The Trans-Pacific Partnership (TPP) is a mega free-trade pact that would link 11 Asian countries and the Americas. The member countries have nearly 800 million people, an annual gross domestic product of about $28 trillion and they account for 40 percent of the global economy and one-third of world trade.

That’s the good news. But there are plenty of things about this deal that should give us pause.

TPP has been negotiated in secret since 2009. According to Vermont Sen. Bernie Sanders, the minimum wage in Vietnam- one of the parties to the deal- is 56 cents per hour.

TPP is the economic cornerstone of President Obama’s pivot to Asia. China is not part of the deal. Indeed, the pact is seen as a way to bind Pacific trading partners closer to the United States and counter China’s growing power in Asia.

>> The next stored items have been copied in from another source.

-- ===== src/Daemon/CountingBloomFilter/Counts.antt =====
-- The byte array as the number of times each index is hashed to by the keys held.
use cleancache_rdma.Prelude.{
  ℕ, zero, suc, ◌+◌, ◌%◌, ◌≤◌, ◌<◌, ◌≡◌, ◌≢◌, refl, ◌∙◌, true, not, Bool-cases, ◌⊎◌, inl, inr, List,
  [], ◌∷◌, ◌++◌, ◌==◌, if◌then◌else◌, Array, update, arith,
}
use cleancache_rdma.Daemon.CountingBloomFilter.{
  CountingBloomFilter, no_index, bump, decrement, compute_hash, insert_from, insert,
  might_contain_from, might_contain, might_contain_idx_from, might_contain_idx, remove_from, remove,
}

module _ (hash_funcs : ℕ → ℕ → ℕ) where
  -- how many of the `n` salts from `i` on hash `o` to index `j`
  abbrev pub hits : ℕ → ℕ → ℕ → ℕ → ℕ → ℕ
  hits num_bits o j zero i = 0
  hits num_bits o j (suc n) i =
      (if hash_funcs i o % num_bits == j then 1 else 0) + hits num_bits o j n (i + 1)

  pub insert_from-hits :
      (f : CountingBloomFilter) (o j n i : ℕ) (cells : Array ℕ)
      → cells j + hits f.num_bits o j n i ≤ 255
      → insert_from hash_funcs f o n i cells j ≡ cells j + hits f.num_bits o j n i
  unfolding compute_hash insert_from bump
  insert_from-hits f o j zero i cells fits = omega arith
  insert_from-hits f o j (suc n) i cells fits =
      ground (arith, insert_from-hits f o j n (i + 1) (bump cells (compute_hash hash_funcs f o i)))

  -- Bytes away from every index of the loop are left alone; so one hit is enough to be nonzero.
  pub might_contain_from-nonzero :
      (f : CountingBloomFilter) (o n i : ℕ)
      → ((j : ℕ) → 0 < hits f.num_bits o j n i → f.cbf_byte_bitarr j ≢ 0)
      → might_contain_from hash_funcs f o n i ≡ true
  unfolding compute_hash might_contain_from
  might_contain_from-nonzero f o zero i h = refl
  might_contain_from-nonzero f o (suc n) i h = ground (
    arith,
    h (compute_hash hash_funcs f o i),
    might_contain_from-nonzero f o n (i + 1) (λ j p. h j (omega arith)),
  )

  -- The two forms of `MightContain` agree, and the indices that the second stores are hashes.
  pub might_contain_idx_from-eq :
      (f : CountingBloomFilter) (o n i : ℕ) (idx_res : Array ℕ)
      → (might_contain_idx_from hash_funcs f o n i idx_res).0
        ≡ might_contain_from hash_funcs f o n i
  unfolding might_contain_idx_from might_contain_from
  might_contain_idx_from-eq f o zero i idx_res = refl
  might_contain_idx_from-eq f o (suc n) i idx_res = ground (
    arith,
    might_contain_idx_from-eq f o n (i + 1) (update idx_res i (compute_hash hash_funcs f o i)),
  )

  -- an entry of `idx_res` is unset or the hash
  abbrev pub Stored : CountingBloomFilter → ℕ → Array ℕ → Type 0
  Stored f o idx_res =
      (k : ℕ) → (idx_res k ≡ no_index) ⊎ (idx_res k ≡ compute_hash hash_funcs f o k)

  Stored-update :
      (f : CountingBloomFilter) (o i : ℕ) (idx_res : Array ℕ)
      → Stored f o idx_res
      → Stored f o (update idx_res i (compute_hash hash_funcs f o i))
  Stored-update f o i idx_res h k = ground (arith, h k)

  pub might_contain_idx_from-Stored :
      (f : CountingBloomFilter) (o n i : ℕ) (idx_res : Array ℕ)
      → Stored f o idx_res
      → Stored f o (might_contain_idx_from hash_funcs f o n i idx_res).1
  unfolding might_contain_idx_from
  might_contain_idx_from-Stored f o zero i idx_res h = h
  might_contain_idx_from-Stored f o (suc n) i idx_res h =
      let h' = Stored-update f o i idx_res h in
      elim (Bool-cases (f.cbf_byte_bitarr (compute_hash hash_funcs f o i) == 0)) [
        | inl e ↦ rw e h'
        | inr e ↦ rw e (might_contain_idx_from-Stored f o n (i + 1) _ h')
      ]

  pub remove_from-hits :
      (f : CountingBloomFilter) (o : ℕ) (idx_res : Array ℕ) (j n i : ℕ) (cells : Array ℕ)
      → Stored f o idx_res
      → hits f.num_bits o j n i ≤ cells j
      → cells j ≤ 255
      → remove_from hash_funcs f o idx_res n i cells j + hits f.num_bits o j n i ≡ cells j
  unfolding compute_hash remove_from decrement
  remove_from-hits f o idx_res j zero i cells stored enough small = omega arith
  remove_from-hits f o idx_res j (suc n) i cells stored enough small =
      let idx = if not (idx_res i == no_index) then idx_res i else compute_hash hash_funcs f o i in
      let same : idx ≡ compute_hash hash_funcs f o i = ground (arith, stored i) in
      rw same (
        ground (
          arith,
          remove_from-hits f o idx_res j n (i + 1) (decrement cells (compute_hash hash_funcs f o i))
              stored,
        ))

  -- how often the keys are hashed to `j`
  abbrev pub total : ℕ → ℕ → List ℕ → ℕ → ℕ
  total num_hash num_bits [] j = 0
  total num_hash num_bits (o ∷ keys) j =
      hits num_bits o j num_hash 0 + total num_hash num_bits keys j

  total-middle :
      (h m : ℕ) (front : List ℕ) (o : ℕ) (back : List ℕ) (j : ℕ)
      → total h m (front ++ o ∷ back) j ≡ hits m o j h 0 + total h m (front ++ back) j
  total-middle h m [] o back j = refl
  total-middle h m (x ∷ front) o back j = omega (arith, total-middle h m front o back j)

  -- the bytes are the counts of the keys, and every count fits a byte
  pub record Holds (f : CountingBloomFilter) (keys : List ℕ) : Type 0 where
    pub counted : (j : ℕ) → f.cbf_byte_bitarr j ≡ total f.num_hash f.num_bits keys j
    pub small : (j : ℕ) → total f.num_hash f.num_bits keys j ≤ 255

  pub Holds-contain :
      {f : CountingBloomFilter} (front : List ℕ) (o : ℕ) (back : List ℕ)
      → Holds f (front ++ o ∷ back)
      → might_contain hash_funcs f o ≡ true
  unfolding might_contain
  Holds-contain {f} front o back h =
      might_contain_from-nonzero f o f.num_hash 0
        (λ j p. omega (arith, h.counted j, total-middle f.num_hash f.num_bits front o back j))

  pub insert-Holds :
      {f : CountingBloomFilter} (keys : List ℕ) (o : ℕ)
      → Holds f keys
      → ((j : ℕ) → total f.num_hash f.num_bits (o ∷ keys) j ≤ 255)
      → Holds (insert hash_funcs f o) (o ∷ keys)
  unfolding insert
  insert-Holds {f} keys o h fits = record {
    counted = λ j. omega (
      arith,
      insert_from-hits f o j f.num_hash 0 f.cbf_byte_bitarr (omega (arith, fits j, h.counted j)),
      h.counted j,
    );
    small = fits;
  }

  pub remove-Holds :
      {f : CountingBloomFilter} (front : List ℕ) (o : ℕ) (back : List ℕ)
      → Holds f (front ++ o ∷ back)
      → ((remove hash_funcs f o).0 ≡ true) × Holds (remove hash_funcs f o).1 (front ++ back)
  unfolding remove might_contain might_contain_idx
  remove-Holds {f} front o back h =
      let found =
        might_contain_idx_from-eq f o f.num_hash 0 (λ i. no_index) ∙ Holds-contain front o back h in
      let stored = might_contain_idx_from-Stored f o f.num_hash 0 (λ i. no_index) (λ k. inl refl) in
      rw found (
        refl,
        record {
          counted = λ j. omega (
            arith,
            h.counted j,
            h.small j,
            total-middle f.num_hash f.num_bits front o back j,
            remove_from-hits f o _ j f.num_hash 0 f.cbf_byte_bitarr stored
                (omega (arith, h.counted j, total-middle f.num_hash f.num_bits front o back j))
                (omega (arith, h.counted j, h.small j)),
          );
          small = λ j. omega (arith, h.small j, total-middle f.num_hash f.num_bits front o back j);
        },
      )
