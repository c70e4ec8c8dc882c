-- ===== src/Config/Compliance/Enabled.antt =====
-- Which policies a run takes.
use net_soc_ops.Prelude.{
  ℕ, String, ◌≡◌, refl, inl, inr, ◌⊎◌, Bool, true, false, ◌&&◌, Option, none, some, List, [], ◌∷◌,
  All, select, Bool-cases, Option-cases, leb, arith, if◌then◌else◌,
}
use net_soc_ops.Prelude.Results.{Result-cases, Result, ok, err}
use net_soc_ops.Config.Store.{Backup, Policy, Report, Db, Failure}
use net_soc_ops.Config.Reports.{find_report}
use net_soc_ops.Config.Compliance.{
  Target, Resolved, is_in, linked_ids, own_policies, sort_policies, insert_policy, place, given,
  chosen_report, collect, is_empty, fallback, or_fallback, type_of, resolve_by_type, resolve_by_ids,
  named_backup, resolve_one, resolve_target, resolve_backups_for_run, newest_of_id,
}

-- An enabled policy that the report links.
abbrev pub IsOwn : ℕ → Db → Policy → Type 0
IsOwn report_id db p = (is_in (linked_ids report_id db) p ≡ true) × (p.enabled ≡ true)

All-insert :
    (P : Policy → Type 0) (ids : List ℕ) (p : Policy) (ps : List Policy)
    → P p
    → All P ps
    → All P (insert_policy ids p ps)
All-insert P ids p [] k h = (k, tt)
All-insert P ids p (q ∷ qs) k (kq, h) = elim (Bool-cases (leb (place ids p) (place ids q))) [
  | inl e ↦ rw e (k, (kq, h))
  | inr e ↦ rw e (kq, All-insert P ids p qs k h)
]

All-sort :
    (P : Policy → Type 0) (ids : List ℕ) (ps : List Policy)
    → All P ps
    → All P (sort_policies ids ps)
All-sort P ids [] h = tt
All-sort P ids (p ∷ ps) (k, h) = All-insert P ids p (sort_policies ids ps) k (All-sort P ids ps h)

All-picked : (p : Policy → Bool) (ps : List Policy) → All (λ x. p x ≡ true) (select p ps)
All-picked p [] = tt
All-picked p (x ∷ ps) = elim (Bool-cases (p x)) [
  | inl e ↦ rw e (e, All-picked p ps)
  | inr e ↦ rw e (All-picked p ps)
]

All-IsOwn :
    (report_id : ℕ) (db : Db) (ps : List Policy)
    → All (λ p. is_in (linked_ids report_id db) p && p.enabled ≡ true) ps
    → All (IsOwn report_id db) ps
All-IsOwn report_id db [] h = tt
All-IsOwn report_id db (p ∷ ps) (k, h) = ((ground arith, ground arith), All-IsOwn report_id db ps h)

own_policies-IsOwn :
    (report_id : ℕ) (db : Db) → All (IsOwn report_id db) (own_policies report_id db)
unfolding own_policies
own_policies-IsOwn report_id db = All-sort (IsOwn report_id db) (linked_ids report_id db) _ (
    All-IsOwn report_id db _
      (All-picked (λ p. is_in (linked_ids report_id db) p && p.enabled) db.policies))

-- The request neither goes by the type of the report's devices nor lists devices.
abbrev pub IsSingle : Target → Report → Type 0
IsSingle target report =
    (is_empty target.device_ids ≡ true)
    × ((target.target_by_device_type ≡ false) ⊎ (type_of (some report) ≡ none))

-- The policies of a run under a report: its own, or, where it has none and the request goes by
-- one backup or device alone, the fallback on that backup.
abbrev pub Takes : Report → Db → Target → Resolved → Type 0
Takes report db target r =
    All (IsOwn report.id db) r.policies
    ⊎ ((own_policies report.id db ≡ [])
        × (r.policies ≡ fallback target.policy_ids db)
        × IsSingle target report
        × (b : Backup) × (named_backup target db ≡ ok b)
        × (r.backups ≡ b ∷ []))

-- What a resolution says where it names a report.
abbrev pub Names : Db → Target → Report → Result Failure Resolved → Type 0
Names db target report (err e) = Unit
Names db target report (ok r) = (r.report_id ≡ some report.id) × Takes report db target r

-- A resolution that names a report takes nothing but the report's own policies.
abbrev pub Owns : Db → Report → Result Failure Resolved → Type 0
Owns db report (err e) = Unit
Owns db report (ok r) = (r.report_id ≡ some report.id) × All (IsOwn report.id db) r.policies

Names-Owns :
    (db : Db) (target : Target) (report : Report) (r : Result Failure Resolved)
    → Owns db report r
    → Names db target report r
Names-Owns db target report (err e) h = tt
Names-Owns db target report (ok r) (named, own) = (named, inl own)

pub by_type-Owns :
    (devices_of_type : String → List (Option String × String)) (device_type : String)
    (report : Report) (db : Db)
    → Owns db report (resolve_by_type devices_of_type device_type (some report) db)
unfolding resolve_by_type
by_type-Owns devices_of_type device_type report db =
    elim (Bool-cases (is_empty (own_policies report.id db))) [
      | inl e ↦ rw e tt
      | inr e ↦ rw e (refl, own_policies-IsOwn report.id db)
    ]

pub by_ids-Owns :
    (device_ids : List String) (policy_ids : List ℕ) (report : Report) (db : Db)
    → Owns db report (resolve_by_ids device_ids policy_ids (some report) db)
unfolding resolve_by_ids
by_ids-Owns device_ids policy_ids report db =
    elim (Bool-cases (is_empty (collect (newest_of_id db) device_ids))) [
      | inl e ↦ rw e tt
      | inr e ↦ rw e (elim (Bool-cases (is_empty (own_policies report.id db))) [
        | inl e' ↦ rw e' tt
        | inr e' ↦ rw e' (refl, own_policies-IsOwn report.id db)
      ])
    ]

fallback-cases :
    (report_id : ℕ) (db : Db) (policy_ids : List ℕ) (own : List Policy)
    → own_policies report_id db ≡ own
    → All (IsOwn report_id db) own
    → All (IsOwn report_id db) (or_fallback own policy_ids db)
      ⊎ ((own_policies report_id db ≡ [])
          × (or_fallback own policy_ids db ≡ fallback policy_ids db))
fallback-cases report_id db policy_ids [] e h = inr (e, refl)
fallback-cases report_id db policy_ids (p ∷ ps) e h = inl h

one-Names :
    (target : Target) (report : Report) (db : Db)
    → IsSingle target report
    → Names db target report (resolve_one target (some report) db)
unfolding resolve_one
one-Names target report db single = elim (Result-cases (named_backup target db)) [
  | inl (e, k) ↦ rw (k, resolve_one) tt
  | inr (b, k) ↦
      rw (k, resolve_one)
        (
          refl,
          elim (fallback-cases report.id db target.policy_ids (own_policies report.id db) refl
              (own_policies-IsOwn report.id db)) [
                | inl own ↦ inl own
                | inr (none_own, taken) ↦ inr (none_own, taken, single, b, k, refl)
              ],
        )
]

if-cases :
    (P : Result Failure Resolved → Type 0) (c : Bool) (x y : Result Failure Resolved)
    → (c ≡ true → P x)
    → (c ≡ false → P y)
    → P (if c then x else y)
if-cases P true x y h k = h refl
if-cases P false x y h k = k refl

target-Names :
    (devices_of_type : String → List (Option String × String)) (target : Target) (report : Report)
    (db : Db)
    → Names db target report (resolve_target devices_of_type target (some report) db)
unfolding resolve_target
target-Names devices_of_type target report db =
    if-cases (Names db target report) target.target_by_device_type _ _
      (λ e. elim (Option-cases (type_of (some report))) [
        | inl e' ↦ rw e' (others (inr e'))
        | inr (device_type, e') ↦
            rw e'
              (Names-Owns db target report _ (by_type-Owns devices_of_type device_type report db))
      ])
      (λ e. others (inl e))
  where
    others :
        (target.target_by_device_type ≡ false) ⊎ (type_of (some report) ≡ none)
        → Names db target report (
            if is_empty target.device_ids
            then resolve_one target (some report) db
            else resolve_by_ids target.device_ids target.policy_ids (some report) db)
    others untyped =
        if-cases (Names db target report) (is_empty target.device_ids) _ _
          (λ e. one-Names target report db (e, untyped))
          (λ e.
            Names-Owns db target report _
              (by_ids-Owns target.device_ids target.policy_ids report db))

-- A run that names a report is refused, or the report exists and is enabled and the run is stored
-- under it. Its policies are enabled ones that the report links, with one exception: where the
-- report has none, and the request lists no devices and does not go by a type of device that the
-- report has, the run is on the one backup that the request names, by its key or by its device, and
-- takes the policies of the request, or else all of the table, disabled ones included.
pub resolve_backups_for_run-Names :
    (devices_of_type : String → List (Option String × String)) (target : Target) (db : Db)
    (report_id : ℕ) (r : Resolved)
    → given target.report_id ≡ some report_id
    → resolve_backups_for_run devices_of_type target db ≡ ok r
    → (report : Report) × (find_report report_id db ≡ some report)
      × (report.enabled ≡ true)
      × (r.report_id ≡ some report.id)
      × Takes report db target r
unfolding resolve_backups_for_run chosen_report
resolve_backups_for_run-Names devices_of_type target db report_id r named h =
    let h1 = rw named at h in
    elim (Option-cases (find_report report_id db)) [
      | inl e ↦ cc (rw (e, chosen_report) at h1)
      | inr (report, e) ↦
          let h2 = rw (e, chosen_report) at h1 in
          elim (Bool-cases report.enabled) [
            | inr e' ↦ cc (rw e' at h2)
            | inl e' ↦
                let says = rw (rw e' at h2) at (target-Names devices_of_type target report db) in
                (report, e, e', says.0, says.1)
          ]
    ]
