-- ===== src/Config/Xml.antt =====
-- The export and import of reports as XML in netops-backend/routes/config_module.py, on documents as
-- trees of `xml.etree`. The printing and the parsing of a document are arguments.
pub mod Read
use Prim.Native.String as Text
use Prim.Native.Char.{code}
use net_soc_ops.Prelude.{
  ℕ, suc, String, Bool, true, false, not, ◌||◌, Option, none, some, List, [], ◌∷◌, ◌++◌, map, strip,
  lower, find, select, any, get_or, str_eq, ◌==◌, if◌then◌else◌,
}
use net_soc_ops.Prelude.Results.{Result, ok, err, ◌>>=◌}
use net_soc_ops.Config.Store.{Policy, Report, Db, Failure, not_found, bad_request}
use net_soc_ops.Config.Policies.{is_part, clip}
use net_soc_ops.Config.Reports.{find_report, add_links}
use net_soc_ops.Config.Compliance.{is_in, linked_ids}

-- An element: its tag, its attributes, the text before its first child (empty for none), and its
-- children.
mutual
  pub data Element : Type 0 where
    node : String → List (String × String) → String → Elements → Element

  pub data Elements : Type 0 where
    end : Elements
    child : Element → Elements → Elements

abbrev pub tag_of : Element → String
tag_of (node tag attributes text children) = tag

abbrev pub children_of : Element → Elements
children_of (node tag attributes text children) = children

-- `el.get(key)`.
abbrev pub attribute : String → Element → Option String
attribute key (node tag attributes text children) = elim (find (λ a. str_eq a.0 key) attributes) [
  | none ↦ none
  | some (k, v) ↦ some v
]

-- `a or b` on texts, where none counts as empty.
abbrev pub or_text : Option String → String → String
or_text none other = other
or_text (some s) other = if str_eq s "" then other else s

-- `parent.findall(tag)`: the children of a tag.
abbrev pub with_tag : String → Elements → List Element
with_tag tag end = []
with_tag tag (child e es) =
    let rest = with_tag tag es in if str_eq (tag_of e) tag then e ∷ rest else rest

abbrev first_of : List Element → Option Element
first_of [] = none
first_of (e ∷ es) = some e

-- The tag up to its first `}`, if it has one.
unfoldable pub namespace : String → Option String
namespace Text.[] = none
namespace (Text.◌∷◌ c s) =
    let rest = namespace s in
    if code c == 125
    then some (Text.◌∷◌ c Text.[])
    else elim rest [ none ↦ none | some ns ↦ some (Text.◌∷◌ c ns) ]

-- The loop over the tags, each after a prefix.
abbrev pub find_one : String → List String → Elements → Option Element
find_one ns [] children = none
find_one ns (tag ∷ tags) children =
    let rest = find_one ns tags children in
    elim (first_of (with_tag (Text.◌++◌ ns tag) children)) [ some e ↦ some e | none ↦ rest ]

unfoldable pub find_el : Element → List String → Option Element
unfolding namespace
find_el parent tag_candidates = elim (find_one "" tag_candidates (children_of parent)) [
  | some e ↦ some e
  | none ↦ elim (namespace (tag_of parent)) [
    | none ↦ none
    | some ns ↦ find_one ns tag_candidates (children_of parent)
  ]
]

unfoldable pub findall_el : Element → String → List Element
unfolding namespace
findall_el parent tag = elim (with_tag tag (children_of parent)) [
  | e ∷ es ↦ e ∷ es
  | [] ↦ elim (namespace (tag_of parent)) [
    | none ↦ []
    | some ns ↦ with_tag (Text.◌++◌ ns tag) (children_of parent)
  ]
]

unfoldable pub text_of : Option Element → String
unfolding strip
text_of none = ""
text_of (some (node tag attributes text children)) = strip text

-- A rule: name, kind, content and type of device.
pub record Rule : Type 0 where
  pub name : String
  pub rule_type : String
  pub rule_content : String
  pub device_type : Option String

-- The content of a policy that is written as attributes, empty for none.
abbrev pub content_of : Element → String
content_of pol =
    or_text (attribute "rule_content" pol)
      (or_text (attribute "RuleContent" pol) (or_text (attribute "SimplePatternText" pol) ""))

-- `pol.get("device_type") or pol.get("DeviceType")`.
abbrev pub device_type_of : Element → Option String
device_type_of pol = elim (attribute "device_type" pol) [
  | none ↦ attribute "DeviceType" pol
  | some d ↦ if str_eq d "" then attribute "DeviceType" pol else some d
]

abbrev pub simple_rule : Element → Rule
simple_rule pol = record {
  name = or_text (attribute "name" pol) (or_text (attribute "Name" pol) "策略");
  rule_type =
      or_text (attribute "rule_type" pol) (or_text (attribute "RuleType" pol) "must_contain");
  rule_content = content_of pol;
  device_type = device_type_of pol;
}

-- The loop over the rules of a policy that has its own; one without a text is passed over.
unfoldable pub pattern_rules : List Element → List Rule
unfolding find_el text_of lower is_part
pattern_rules [] = []
pattern_rules (rule ∷ rules) =
    let rest = pattern_rules rules in
    let simple_text = text_of (find_el rule ("SimplePatternText" ∷ [])) in
    let pattern_type = lower (text_of (find_el rule ("PatternType" ∷ []))) in
    if str_eq simple_text ""
    then rest
    else record {
      name = or_text (some (text_of (find_el rule ("RuleName" ∷ [])))) (clip 50 simple_text);
      rule_type = if is_part "regex" pattern_type then "regex" else "must_contain";
      rule_content = simple_text;
      device_type = none;
    }
      ∷ rest

unfoldable pub rules_of : List Element → List Rule
unfolding find_el findall_el pattern_rules
rules_of [] = []
rules_of (pol ∷ pols) =
    let rest = rules_of pols in
    if not (str_eq (content_of pol) "")
    then simple_rule pol ∷ rest
    else elim (find_el pol ("AssignedPolicyRules" ∷ [])) [
      | none ↦ rest
      | some rules_el ↦ pattern_rules (findall_el rules_el "PolicyRule") ++ rest
    ]

unfoldable pub parse_report_policies_from_root : Element → List Rule
unfolding find_el findall_el rules_of
parse_report_policies_from_root root =
    elim (find_el root ("AssignedPolicies" ∷ "AssignedPolicy" ∷ [])) [
      | none ↦ []
      | some assn ↦ rules_of (findall_el assn "Policy")
    ]

-- `x or ""`.
abbrev pub text_or : Option String → String
text_or o = get_or o ""

abbrev pub policy_element : Policy → Element
policy_element p =
    node "Policy"
      (("name", p.name)
        ∷ ("rule_type", p.rule_type)
        ∷ ("rule_content", clip 500 p.rule_content)
        ∷ ("device_type", text_or p.device_type)
        ∷ [])
      "" end

abbrev pub policy_elements : List Policy → Elements
policy_elements [] = end
policy_elements (p ∷ ps) = child (policy_element p) (policy_elements ps)

-- The document of a report.
unfoldable pub report_root : Report → List Policy → Element
unfolding strip
report_root r policies =
    node "PolicyReport"
      (("name", r.name)
        ∷ ("group", text_or r.group)
        ∷ ("device_type", text_or r.device_type)
        ∷ ("enabled", if r.enabled then "true" else "false")
        ∷ [])
      ""
      (child (node "Comments" [] (strip (text_or r.comments)) end)
        (child (node "AssignedPolicies" [] "" (policy_elements policies)) end))

-- The policies that the report links, disabled ones included, in the order of the table.
unfoldable pub exported_policies : ℕ → Db → List Policy
unfolding linked_ids
exported_policies report_id db = select (is_in (linked_ids report_id db)) db.policies

unfoldable pub export_compliance_report_xml : (Element → String) → ℕ → Db → Result Failure String
unfolding report_root exported_policies
export_compliance_report_xml print report_id db = elim (find_report report_id db) [
  | none ↦ err not_found
  | some r ↦ ok (print (report_root r (exported_policies report_id db)))
]

abbrev some_text : String → Option String
some_text s = if str_eq s "" then none else some s

-- The report of a document.
unfoldable pub report_of : Element → ℕ → Report
unfolding find_el text_of lower
report_of root id = record {
  id = id;
  name = or_text (attribute "name" root) (
      or_text (attribute "Name" root)
        (or_text (some (text_of (find_el root ("Name" ∷ [])))) "导入报告"));
  group = some_text (
      or_text (attribute "group" root)
        (or_text (attribute "Group" root) (text_of (find_el root ("Group" ∷ [])))));
  comments = some_text (text_of (find_el root ("Comments" ∷ [])));
  device_type = some_text (
      or_text (attribute "device_type" root)
        (or_text (attribute "DeviceType" root) (text_of (find_el root ("DeviceType" ∷ [])))));
  enabled =
      let status = lower (
        or_text (attribute "enabled" root)
          (or_text (some (text_of (find_el root ("ReportStatus" ∷ [])))) "true")) in
      str_eq status "true" || str_eq status "enabled";
}

abbrev pub policy_of : ℕ → Rule → Policy
policy_of id rule = record {
  id = id;
  name = rule.name;
  rule_type = rule.rule_type;
  rule_content = rule.rule_content;
  device_type = rule.device_type;
  description = none;
  group = none;
  enabled = true;
}

-- The loop that adds the policies, with their keys.
unfoldable pub add_rules : List Rule → Db → List ℕ × Db
add_rules [] db = ([], db)
add_rules (rule ∷ rules) db =
    let rest = add_rules rules (record db {
      policies = db.policies ++ policy_of db.next_policy rule ∷ [];
      next_policy = suc db.next_policy;
    }) in
    (db.next_policy ∷ rest.0, rest.1)

abbrev pub with_report : Element → Db → Db
with_report root db = record db {
  reports = db.reports ++ report_of root db.next_report ∷ [];
  next_report = suc db.next_report;
}

-- `parse` is `ET.fromstring`, `none` its `ParseError`.
unfoldable pub import_compliance_report_xml :
    (String → Option Element) → String → Db → Result Failure Db
unfolding parse_report_policies_from_root report_of add_rules add_links
import_compliance_report_xml parse content db = elim (parse content) [
  | none ↦ err bad_request
  | some root ↦
      let added = add_rules (parse_report_policies_from_root root) (with_report root db) in
      add_links db.next_report 0 added.0 added.1
]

Prospects for approval advanced last week with the Senate’s 62-37 vote to give this president and his successor so-called trade promotion authority, also known as “fast-track.” This authorizes the president to negotiate the trade agreement and bring it back to Congress for an up or down vote – no amendments or filibuster allowed. And you thought legislative power was vested in Congress. This approach is taken because if Congress were to amend the trade package, it would have to go back to the 11 other countries for approval.

The battle now shifts to the House of Representatives, where a tougher fight is expected. The president’s effort to pursue TPP has split his own party due to labor’s concerns that previous trade deals have cost jobs and depressed wages for American workers competing with low-wage countries.

The draft TPP document is under wraps. If lawmakers want to read it, they and a staff member can go to a security office in the Capitol as long as the staff member meets certain security requirements, but they cannot discuss the details of what they read.

Industry executives and their lobbyists, on the other hand, have had direct access to the text, advising administration negotiators on terms and provisions while the public is excluded from reviewing the draft. It’s not exactly a process that rewards collaborative behavior and promotes transparency.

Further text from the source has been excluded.